Sounds like a good deal man, any pics


----------



## skapegoat (Nov 5, 2008)

i'll get pics this afternoon. forgot my camera yesterday.


----------



## geeteeohguy (Feb 2, 2008)

Those 455 '70's are excellent road cars..... Fast, comfortable, and they'll eat up the road. Good one!!!
Jeff


----------



## skapegoat (Nov 5, 2008)

pics


----------



## skapegoat (Nov 5, 2008)

more


----------



## 67/04gto (Jan 15, 2005)

nice score congrats


----------



## geeteeohguy (Feb 2, 2008)

That's a nice solid car. It has all the potential for a good resto without breaking the bank. Good luck, but it looks like you already GOT lucky!!


----------



## Aramz06 (Mar 2, 2008)

Sweet project man, have fun!


----------



## ppurfield001 (Jan 21, 2008)

Good luck with your to-be-restored goat!


----------



## jetstang (Nov 5, 2008)

Looks like a great winter project, well, maybe a couple winters.
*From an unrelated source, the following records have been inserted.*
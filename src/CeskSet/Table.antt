-- ===== src/CeskSet/Table.antt =====
-- The hash table of the address sets as a set of keys.
use adam.Base.{
  ℕ, ◌≡◌, refl, ◌∙◌, ap, subst, true, false, not, ◌&&◌, ◌||◌, List, [], ◌∷◌, ◌==◌, arith,
  Bool-cases, inl, inr,
}
use adam.CeskSet.{
  Key, Sets, slot_of, same_key, on_chain, hash_find, hash_insert, off_chain, hash_remove,
}

pub same_key_refl : (k : Key) → same_key k k ≡ true
same_key_refl k = ground arith

pub same_key_sound : (k l : Key) → same_key k l ≡ true → k ≡ l
same_key_sound k l h =
    let a : k.set_idx ≡ l.set_idx = ground (arith, h) in
    let b : k.addr ≡ l.addr = ground (arith, h) in λ i. record { set_idx = a i; addr = b i }

-- No key is twice on the chain.
abbrev pub Once : List Key → Type 0
Once [] = Unit
Once (k ∷ ks) = (on_chain ks k ≡ false) × Once ks

-- A number of a key on two chains: the same only for keys of one slot.
slots_differ : (k l : Key) → (slot_of l == slot_of k) ≡ false → same_key k l ≡ false
slots_differ k l h = elim (Bool-cases (same_key k l)) [
  | inl y ↦ absurd (ground (arith, ap slot_of (same_key_sound k l y), h))
  | inr n ↦ n
]

chain_with :
    (k l : Key) (s : Sets)
    → (slot_of l == slot_of k) ≡ true
    → s.slot (slot_of l) ≡ s.slot (slot_of k)
chain_with k l s h = let e : slot_of l ≡ slot_of k = ground (arith, h) in ap s.slot e

pub hash_find-hash_insert :
    (k l : Key) (s : Sets) → hash_find (hash_insert k s) l ≡ (same_key k l || hash_find s l)
unfolding hash_find hash_insert on_chain
hash_find-hash_insert k l s = elim (Bool-cases (slot_of l == slot_of k)) [
  | inl y ↦ rw (y, chain_with k l s y) refl
  | inr n ↦ rw (n, slots_differ k l n) refl
]

on_chain-off_chain :
    (k l : Key) (ks : List Key)
    → Once ks
    → on_chain (off_chain k ks) l ≡ (not (same_key k l) && on_chain ks l)
unfolding on_chain off_chain
on_chain-off_chain k l [] h = ground arith
on_chain-off_chain k l (m ∷ ms) (h, more) = elim (Bool-cases (same_key m k)) [
  | inl y ↦
      let e : m ≡ k = same_key_sound m k y in
      elim (Bool-cases (same_key k l)) [
        | inl z ↦
            let gone : on_chain ms l ≡ false =
              subst (λ x. on_chain ms x ≡ false) (e ∙ same_key_sound k l z) h in
            rw (y, z, gone) refl
        | inr w ↦ let other : same_key m l ≡ false = ground (arith, y, w) in rw (y, w, other) refl
      ]
  | inr n ↦ rw (n, on_chain-off_chain k l ms more) (ground (arith, n))
]

-- No key is twice in the table.
abbrev pub IsTable : Sets → Type 0
IsTable s = (h : ℕ) → Once (s.slot h)

pub hash_find-hash_remove :
    (k l : Key) (s : Sets)
    → IsTable s
    → hash_find (hash_remove k s) l ≡ (not (same_key k l) && hash_find s l)
unfolding hash_find hash_remove
hash_find-hash_remove k l s t = elim (Bool-cases (slot_of l == slot_of k)) [
  | inl y ↦ rw (y, chain_with k l s y) (on_chain-off_chain k l (s.slot (slot_of k)) (t (slot_of k)))
  | inr n ↦ rw (n, slots_differ k l n) refl
]

pub hash_insert-IsTable :
    (k : Key) (s : Sets) → IsTable s → hash_find s k ≡ false → IsTable (hash_insert k s)
unfolding hash_find hash_insert
hash_insert-IsTable k s t f h = elim (Bool-cases (h == slot_of k)) [
  | inl y ↦ rw y (f, t (slot_of k))
  | inr n ↦ rw n (t h)
]

off_chain-Once : (k : Key) (ks : List Key) → Once ks → Once (off_chain k ks)
unfolding off_chain
off_chain-Once k [] h = tt
off_chain-Once k (m ∷ ms) (h, more) = elim (Bool-cases (same_key m k)) [
  | inl y ↦ rw y more
  | inr n ↦
      let none_left : on_chain (off_chain k ms) m ≡ false =
        on_chain-off_chain k m ms more ∙ rw h (ground arith) in
      rw n (none_left, off_chain-Once k ms more)
]

pub hash_remove-IsTable : (k : Key) (s : Sets) → IsTable s → IsTable (hash_remove k s)
unfolding hash_remove
hash_remove-IsTable k s t h = elim (Bool-cases (h == slot_of k)) [
  | inl y ↦ rw y (off_chain-Once k (s.slot (slot_of k)) (t (slot_of k)))
  | inr n ↦ rw n (t h)
]
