-- ===== src/Lib.antt =====
-- mini-bpm-engine: a workflow engine for BPMN processes, of which this library models the core crate
-- `engine-core`. A process definition is a graph of nodes and sequence flows. Tokens walk through it:
-- gateways split and join them, and at wait states (user and service tasks, timers, messages) they stop
-- until something from outside arrives. External workers fetch service tasks and hold them under locks
-- that expire.
--
-- Files, with the code that they model:
--   Domain/Element, Token, Timer, Error: engine-core/src/domain/element.rs, flow.rs, listener.rs,
--     multi_instance.rs, token.rs, timer.rs and error.rs there. Enums and structs are data types and
--     records with the same names; a `matches!` test is a Boolean function by clauses.
--   Domain/Definition and its children: engine-core/src/domain/definition.rs. `validate` has the checks
--     of `ProcessDefinition::new` in their order, Structure says what passes them, and Builder is
--     `ProcessDefinitionBuilder`.
--   Condition: engine-core/src/condition.rs.
--   Runtime/Instance, Pending, Action, AuditLog: engine-core/src/runtime/instance.rs, pending.rs and
--     constants.rs there.
--   Gateway and its children: engine-core/src/engine/gateway.rs.
--   Executor/Helpers, JoinSearch, Joins: engine-core/src/engine/executor/helpers.rs, parallel.rs and
--     completion.rs there.
--   Engine: the state that engine-core/src/engine/mod.rs declares.
--   Run and its children: the calls as functions of a world to a world and a result, and the reasoning
--     on them.
--   Executor/Scripts: engine-core/src/scripting/runner.rs and executor/completion.rs.
--   Executor/Handlers and its children: engine-core/src/engine/handlers/.
--   Executor/Step, Batch: engine-core/src/engine/executor/mod.rs, `execute_step` and
--     `run_instance_batch`.
--   Executor/NextActions: engine-core/src/engine/executor/next_action.rs.
--   ProcessStart and its child: engine-core/src/engine/process_start.rs, with what the end of a called
--     process does to its caller.
--   WaitStates: the wait states of engine-core/src/engine/mod.rs. Registry: registry.rs there.
--   UserTask, TimerProcessor, MessageProcessor: user_task.rs, timer_processor.rs and
--     message_processor.rs there.
--   ServiceTask and its children: the lock protocol, the incidents and the completion of
--     engine-core/src/engine/service_task.rs. Automaton is the abstract protocol: of a task it knows the
--     holder and the end of the lock only.
--   Operations: the calls that the engine answers, one after the other.
--   Filing: that what the engine stores is stored under its own identifier.
--   InstanceOps and its children: suspending, resuming, migrating and deleting, of
--     engine-core/src/engine/instance_ops.rs.
--   DefinitionOps and its child: engine-core/src/engine/definition_ops.rs.
--   Boundary: engine-core/src/engine/boundary.rs.
--   RetryQueue and its children: engine-core/src/engine/retry_queue.rs. The answers of the backend and
--     the state that each attempt reads are arguments.
--   Prelude: maps, lists, signed numbers and text that these share. Tests: runs at concrete inputs.
-- The functions and types keep the names of the code. The gateways decide where a token goes, the
-- executor's joins collect the branches of a split, and both read the definition. A batch moves a token
-- from node to node: `execute_step` asks the handler of the node what to do and `handle_next_action`
-- does it, so the token moves on, splits, waits at a wait state or ends. The user and service tasks, the
-- timers and the messages take a wait state out of the engine's maps and start the next batch, and so
-- does the end of a called process for its caller.
--
-- How the code is read. Operations run one after the other, each under the locks that it takes. An
-- operation on a state of its own (a gateway, a join, the lock protocol, suspension and migration)
-- that returns `EngineResult` answers `ok` with the new state or `err`, and fails before it writes, but
-- for the missing barrier of `fire`, which cannot occur since `arrive` has just stored it. A call that
-- goes on executing an instance is a `Run`: from a `World` (the engine, and how often the outside world was asked) to
-- an `Exit` with the world in which it stopped, so what was written before an error stays written. An
-- `Exit` is a value, an error of the engine, or `too_deep`. A `HashMap` or `DashMap` is an association
-- list whose order is the order of iteration, so what is proved for every list holds for every iteration
-- order. `Uuid` is ℕ, and the identifiers that `Uuid::new_v4` draws are arguments, or in a `Run` answers
-- of the outside world, any at all. Times are nanoseconds in ℕ from the earliest date of chrono; the
-- panics of chrono at dates out of its range are left out. Calls into
-- persistence and history are recorded in order in the field `effects` of the engine; logging, metrics
-- and tracing are left out.
--
-- Third-party code is a parameter: `Json` holds what the code uses of serde_json numbers and of `f64`,
-- of which nothing is assumed; `Cron` holds what it uses of croner, and one theorem assumes that croner
-- answers times after the one it is asked about. `Env` adds the clock, the generator of
-- identifiers, the Rhai interpreter as a function from a script and variables to variables or an error,
-- and the texts that the code prints.
--
-- Fuel. The search for a join (`join_loop`) runs on the number of flows of the definition and of the
-- split, plus one. A node is entered once, and only then are its flows queued, so this is enough.
-- A batch makes at most MAX_EXECUTION_STEPS steps, as in the code. A batch may start another one, that
-- of a called process or of its caller; the code nests these without a bound, and the model stops at the
-- depth it is given with `too_deep`. What is proved of the calls holds at every depth, `too_deep`
-- included. The attempts at a queued job (`retry_loop`) run on 50 fuel, the number of attempts that the
-- code makes.
--
-- Not modelled: starting instances by timers; moving a token and changing the variables of an instance; the
-- listings. The backend of a running engine: calls to persistence, history and the event stream are
-- recorded and neither fail nor come back (but the answer to a deletion is an argument), so that the trimming of the audit log when an instance is saved, its limit on the size, and the inline
-- retries are left out. What is inside a script (Rhai); history diffs; the storage adapters; the BPMN
-- parser, the HTTP server and the desktop application.
pub mod Prelude
pub mod Domain
pub mod Condition
pub mod Runtime
pub mod Gateway
pub mod Executor
pub mod Engine
pub mod Run
pub mod ProcessStart
pub mod Registry
pub mod DefinitionOps
pub mod WaitStates
pub mod TimerProcessor
pub mod MessageProcessor
pub mod UserTask
pub mod ServiceTask
pub mod Boundary
pub mod InstanceOps
pub mod RetryQueue
pub mod Operations
pub mod Filing
pub mod Tests
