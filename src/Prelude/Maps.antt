-- ===== src/Prelude/Maps.antt =====
-- `HashMap` and `DashMap`: association lists, whose order stands for the map's order of iteration.
use mathlib.Core.Path.{◌≡◌, refl}
use mathlib.Core.Bool.{Bool, true, false}
use mathlib.Core.Logic.{inl, inr}
use mathlib.Core.List.{List, [], ◌∷◌, Memᴰ}
use mathlib.Core.Option.{Option, none, some}
use native.Mathlib.Omega.{arith}
use mini_bpm_engine.Prelude.Tests.{if◌then◌else◌, ◌==◌, Eq, Bool-cases}

abbrev pub Map {ℓ κ} : Type ℓ → Type κ → Type (ℓ ⊔ κ)
Map K V = List (K × V)

abbrev pub values {ℓ κ} : {K : Type ℓ} {V : Type κ} → Map K V → List V
values [] = []
values ((k, v) ∷ m) = v ∷ values m

-- A write through `values_mut` or `iter_mut`.
abbrev pub map_values {ℓ κ} : {K : Type ℓ} {V : Type κ} → (V → V) → Map K V → Map K V
map_values f [] = []
map_values f ((k, v) ∷ m) = (k, f v) ∷ map_values f m

module _ {ℓ κ} {K : Type ℓ} {V : Type κ} ⦃e : Eq K⦄ where
  unfoldable pub get : Map K V → K → Option V
  get [] k = none
  get ((j, v) ∷ m) k = let rest = get m k in if j == k then some v else rest

  -- The pair that `insert` replaces keeps its place; a new one goes to the end.
  unfoldable pub insert : Map K V → K → V → Map K V
  insert [] k v = (k, v) ∷ []
  insert ((j, w) ∷ m) k v = let rest = insert m k v in if j == k then (k, v) ∷ m else (j, w) ∷ rest

  unfoldable pub remove : Map K V → K → Map K V
  remove [] k = []
  remove ((j, w) ∷ m) k = let rest = remove m k in if j == k then rest else (j, w) ∷ rest

  abbrev pub contains_key : Map K V → K → Bool
  contains_key m k = elim (get m k) [ none ↦ false | some v ↦ true ]

  -- `a.extend(b)`.
  abbrev pub extend : Map K V → Map K V → Map K V
  extend a [] = a
  extend a ((k, v) ∷ b) = extend (insert a k v) b

  pub get-insert :
      (m : Map K V) (k j : K) (v : V) → get (insert m k v) j ≡ (if k == j then some v else get m j)
  unfolding get insert
  get-insert [] k j v = refl
  get-insert ((i, w) ∷ m) k j v =
      ground (arith, e.equal_iff k j, e.equal_iff i k, e.equal_iff i j, get-insert m k j v)

  pub get-remove : (m : Map K V) (k j : K) → get (remove m k) j ≡ (if k == j then none else get m j)
  unfolding get remove
  get-remove [] k j = ground arith
  get-remove ((i, w) ∷ m) k j =
      ground (arith, e.equal_iff k j, e.equal_iff i k, e.equal_iff i j, get-remove m k j)

  pub get-insert_self : (m : Map K V) (k : K) (v : V) → get (insert m k v) k ≡ some v
  get-insert_self m k v = ground (arith, get-insert m k k v, e.equal_iff k k)

  pub get-remove_self : (m : Map K V) (k : K) → get (remove m k) k ≡ none
  get-remove_self m k = ground (arith, get-remove m k k, e.equal_iff k k)

module _ {ℓ κ} {K : Type ℓ} {V : Type κ} ⦃e : Eq K⦄ where
  pub mem_of_get : (m : Map K V) (k : K) (v : V) → get m k ≡ some v → Memᴰ (k, v) m
  unfolding get
  mem_of_get [] k v h = cc
  mem_of_get ((j, w) ∷ m) k v h = elim (Bool-cases (j == k)) [
    | inl hit ↦ Memᴰ.head (ground (arith, e.equal_iff j k))
    | inr miss ↦ Memᴰ.tail (mem_of_get m k v (ground arith))
  ]

  pub mem-values_of_get : (m : Map K V) (k : K) (v : V) → get m k ≡ some v → Memᴰ v (values m)
  unfolding get
  mem-values_of_get [] k v h = cc
  mem-values_of_get ((j, w) ∷ m) k v h = elim (Bool-cases (j == k)) [
    | inl hit ↦ Memᴰ.head (ground arith)
    | inr miss ↦ Memᴰ.tail (mem-values_of_get m k v (ground arith))
  ]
Nice solid floor pans, looks like it has great potential, congrats.


----------



## skapegoat (Nov 5, 2008)

right now my goal is to get running enough to drive it from storage to my garage. brakes, steering and driveline. today i got the e-brake working and started on the brakes. good thing i have that 67 tempest sitting around still because there were some parts i needed off it.


----------



## Too Many Projects (Nov 15, 2008)

You have plenty to keep you busy this winter.....
Like has been said, it looks like a solid foundation...


----------